A study by Dr. Antony Davies and John Pulito of Duquesne University, commissioned by the Commonwealth Foundation, showed that the level of state control over alcohol sales has no link to underage drinking, binge drinking, and DUI fatalities. A follow-up study by Davies and Pulito examined 49 states over 21 years using sophisticated analytic techniques and finds that states with private alcohol markets have lower alcohol-related fatality rates.
Davies has published several papers on this topic in a variety of peer-reviewed venues, all of which show the same lack of effect of state controls. The most recent was published by the Mackinac Center.
Many of the arguments against privatization aren’t about social harms—for which the evidence shows no link with government control—but increased “consumption” following privatization. Consumption could increase dramatically if every adult drinker had one more glass of wine each month, but this does not create a policy problem. And as long as “consumption” is measured in terms of sales, we expect to see an increase.
Privatization and State Store Employment
A study conducted by the PFM Group, commissioned by Gov. Corbett, concludes private stores will hire many current PLCB employees. The report does not estimate a net gain or loss in liquor store jobs, or estimate how many of the current PLCB employees will transition to the private sector.
The report does suggest that the number of jobs per store at certain types of licensees will be small—but 2 to 3 jobs per licensee would replace the entire workforce in the state store system, which includes about 3,700 liquor store employees. For instance, if the state allowed 1,500 licenses, each retailer would only need to add three new employees to create 4,500 jobs. If the state allowed 3,000 licenses and each retailer again hired only three employees to handle liquor sales, it would create 9,000 jobs.
The number of jobs created will be determined by the number of licenses permitted. Increasing the number of retail stores also means more revenue, recapturing the hundreds of millions of dollars the state loses each year to border bleed. The PFM study found that privatization would bring back $100 million in increased sales by reducing border bleed. More private licenses means more jobs for Pennsylvanians.
It is a myth that the government-run system is a cash cow for the state. In fact, it’s losing money.
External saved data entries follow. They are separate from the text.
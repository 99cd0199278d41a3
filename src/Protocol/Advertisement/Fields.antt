-- ===== src/Protocol/Advertisement/Fields.antt =====
-- What an accepted command holds, crates/module/src/entry.rs.
use vdma.Prelude.{
  ℕ, zero, suc, ◌<◌, ◌≡◌, refl, List, [], ◌∷◌, Option, some, none, arith, length, get_elem?, ◌⊎◌,
  map, ap, ◌∙◌, true, false, ltb,
}
use vdma.Errors.{ok}
use vdma.Protocol.Hex.{decode_hex, encode_hex}
use vdma.Protocol.Hex.RoundTrip.{AllBytes, decode_hex_text, decode_hex-encode_hex, lower}
use vdma.Protocol.Decimal.{
  parse_ascii, parse_ascii_lem, is_empty, all_digits, decimal, without_sign,
}
use vdma.Protocol.Advertisement.{
  Advertisement, from_fields, u64_end, DataArgs, parse_data_args, parse_length, arg,
}

parse_ascii-lt :
    (limit : ℕ) (raw : List ℕ) (n : ℕ) → 0 < limit → parse_ascii limit raw ≡ some n → n < limit
parse_ascii-lt limit raw n h e = ground (arith, parse_ascii_lem limit raw h)

-- An advertisement is read from three fields, each by its own decoding.
pub record Reads (a : Advertisement) (address remote_key remote_address : List ℕ) : Type 0 where
  pub bytes : decode_hex address ≡ ok a.address
  pub key : parse_ascii u64_end remote_key ≡ some a.remote_key
  pub remote : parse_ascii u64_end remote_address ≡ some a.remote_address

from_fields-Reads :
    (address remote_key remote_address : List ℕ) (a : Advertisement)
    → from_fields (address ∷ remote_key ∷ remote_address ∷ []) ≡ ok a
    → Reads a address remote_key remote_address
unfolding from_fields
from_fields-Reads address remote_key remote_address a h = ground arith

-- The fields of an accepted advertisement are in range: the address is bytes, whose text is the
-- field in lower case, and the key and the remote address are 64-bit numbers.
pub from_fields_range :
    (address remote_key remote_address : List ℕ) (a : Advertisement)
    → from_fields (address ∷ remote_key ∷ remote_address ∷ []) ≡ ok a
    → AllBytes a.address
      × (encode_hex a.address ≡ map lower address)
      × (a.remote_key < u64_end)
      × (a.remote_address < u64_end)
from_fields_range address remote_key remote_address a h =
    let reads = from_fields-Reads address remote_key remote_address a h in
    let (valid, same) = decode_hex_text address a.address reads.bytes in
    (
      valid,
      same,
      parse_ascii-lt u64_end remote_key a.remote_key (omega arith) reads.key,
      parse_ascii-lt u64_end remote_address a.remote_address (omega arith) reads.remote,
    )

get_elem?-arg :
    (args : List (List ℕ)) (i : ℕ) → i < length args → get_elem? args i ≡ some (arg args i)
get_elem?-arg [] i h = elim h [ ]
get_elem?-arg (a ∷ args) zero h = refl
get_elem?-arg (a ∷ args) (suc i) h = get_elem?-arg args i (omega arith)

parse_data_args_parts :
    (args : List (List ℕ)) (d : DataArgs)
    → parse_data_args args ≡ ok d
    → ((length args ≡ 6) ⊎ (length args ≡ 7))
      × (from_fields (arg args 1 ∷ arg args 2 ∷ arg args 3 ∷ []) ≡ ok d.advertisement)
      × (parse_length (arg args 4) ≡ ok d.length)
      × (arg args 5 ≡ d.key)
      × (get_elem? args 6 ≡ d.crc)
unfolding parse_data_args
parse_data_args_parts args d h = ground arith

parse_length_lem :
    (raw : List ℕ) (n : ℕ) → parse_length raw ≡ ok n → parse_ascii u64_end raw ≡ some n
unfolding parse_length
parse_length_lem raw n h = ground arith

-- A command is accepted only with six arguments or seven, and then its advertisement is that of
-- its second to fourth, its length the number that the fifth stands for, its key the sixth, and
-- its checksum the seventh, if there is one.
pub parse_data_args-eq_ok :
    (args : List (List ℕ)) (d : DataArgs)
    → parse_data_args args ≡ ok d
    → ((length args ≡ 6) ⊎ (length args ≡ 7))
      × Reads d.advertisement (arg args 1) (arg args 2) (arg args 3)
      × (parse_ascii u64_end (arg args 4) ≡ some d.length)
      × (get_elem? args 5 ≡ some d.key)
      × (get_elem? args 6 ≡ d.crc)
parse_data_args-eq_ok args d h =
    let (size, place, len, key, crc) = parse_data_args_parts args d h in
    (
      size,
      from_fields-Reads (arg args 1) (arg args 2) (arg args 3) d.advertisement place,
      parse_length_lem (arg args 4) d.length len,
      get_elem?-arg args 5 (omega arith) ∙ ap some key,
      crc,
    )

abbrev pub trailing : Option (List ℕ) → List (List ℕ)
trailing none = []
trailing (some crc) = crc ∷ []

-- A text of decimal digits, one at least, that stands for a 64-bit number.
abbrev pub IsNumber : List ℕ → ℕ → Type 0
IsNumber text n =
    (is_empty text ≡ false) × (all_digits text ≡ true) × (decimal 0 text ≡ n) × (n < u64_end)

without_sign-digits : (text : List ℕ) → all_digits text ≡ true → without_sign text ≡ text
without_sign-digits [] h = refl
without_sign-digits (c ∷ text) h = ground (arith, h)

parse_ascii-IsNumber : (text : List ℕ) (n : ℕ) → IsNumber text n → parse_ascii u64_end text ≡ some n
parse_ascii-IsNumber text n (full, digits, stands, small) =
    let read = parse_ascii_lem u64_end text (omega arith) in
    let same = without_sign-digits text digits in
    let below : ltb (decimal 0 text) u64_end ≡ true = ground (arith, stands, small) in
    read ∙ rw (same, full, digits, below) (ap some stands)

-- A client that writes an address of bytes in hexadecimal, and its numbers in decimal digits that
-- stand for 64-bit numbers, is read as it meant, with or without a checksum at the end.
pub parse_data_args-encode_hex :
    (command address remote_key remote_address size key : List ℕ) (crc : Option (List ℕ))
    (k r n : ℕ)
    → AllBytes address
    → IsNumber remote_key k
    → IsNumber remote_address r
    → IsNumber size n
    → parse_data_args
        (command ∷ encode_hex address ∷ remote_key ∷ remote_address ∷ size ∷ key ∷ trailing crc)
      ≡ ok (record {
        advertisement = record { address = address; remote_key = k; remote_address = r };
        length = n;
        key = key;
        crc = crc;
      })
unfolding parse_data_args from_fields parse_length
parse_data_args-encode_hex command address remote_key remote_address size key none k r n h p q s =
    rw
      (
        decode_hex-encode_hex address h,
        parse_ascii-IsNumber remote_key k p,
        parse_ascii-IsNumber remote_address r q,
        parse_ascii-IsNumber size n s,
      )
      refl
parse_data_args-encode_hex command address remote_key remote_address size key (some crc) k r n h p q
      s =
    rw
      (
        decode_hex-encode_hex address h,
        parse_ascii-IsNumber remote_key k p,
        parse_ascii-IsNumber remote_address r q,
        parse_ascii-IsNumber size n s,
      )
      refl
The newest financial data from the PLCB shows that the agency ended the 2010-11 fiscal year with negative $31.2 million in net assets.
The PLCB’s laundry list of waste includes millions spent on marketing and advertising, an inventory system that failed to function properly and cost millions more than expected, a since-scrapped wine kiosk program that the PLCB’s own advisors recommended against, and a “wine shrine” where PLCB executives get to sample wine and decide what brands Pennsylvania will and will not be able to buy in the state.
And let’s not forgot that the PLCB produces nothing. Every dollar it collects is a dollar taken from taxpayers and consumers using the government-run monopoly stores.